Requirement –
Reproduce without change the lines in the material below that run from the one with "pub mod Detect" to the end, and nothing more.

Records for this exercise –

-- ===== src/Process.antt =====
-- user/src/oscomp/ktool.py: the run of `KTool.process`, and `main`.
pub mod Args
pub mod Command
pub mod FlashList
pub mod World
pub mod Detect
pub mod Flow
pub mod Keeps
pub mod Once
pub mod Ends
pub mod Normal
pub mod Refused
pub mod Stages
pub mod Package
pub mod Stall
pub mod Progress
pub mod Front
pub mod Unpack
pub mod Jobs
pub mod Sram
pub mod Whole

Your response –
pub mod Detect
pub mod Flow
pub mod Keeps
pub mod Once
pub mod Ends
pub mod Normal
pub mod Refused
pub mod Stages
pub mod Package
pub mod Stall
pub mod Progress
pub mod Front
pub mod Unpack
pub mod Jobs
pub mod Sram
pub mod Whole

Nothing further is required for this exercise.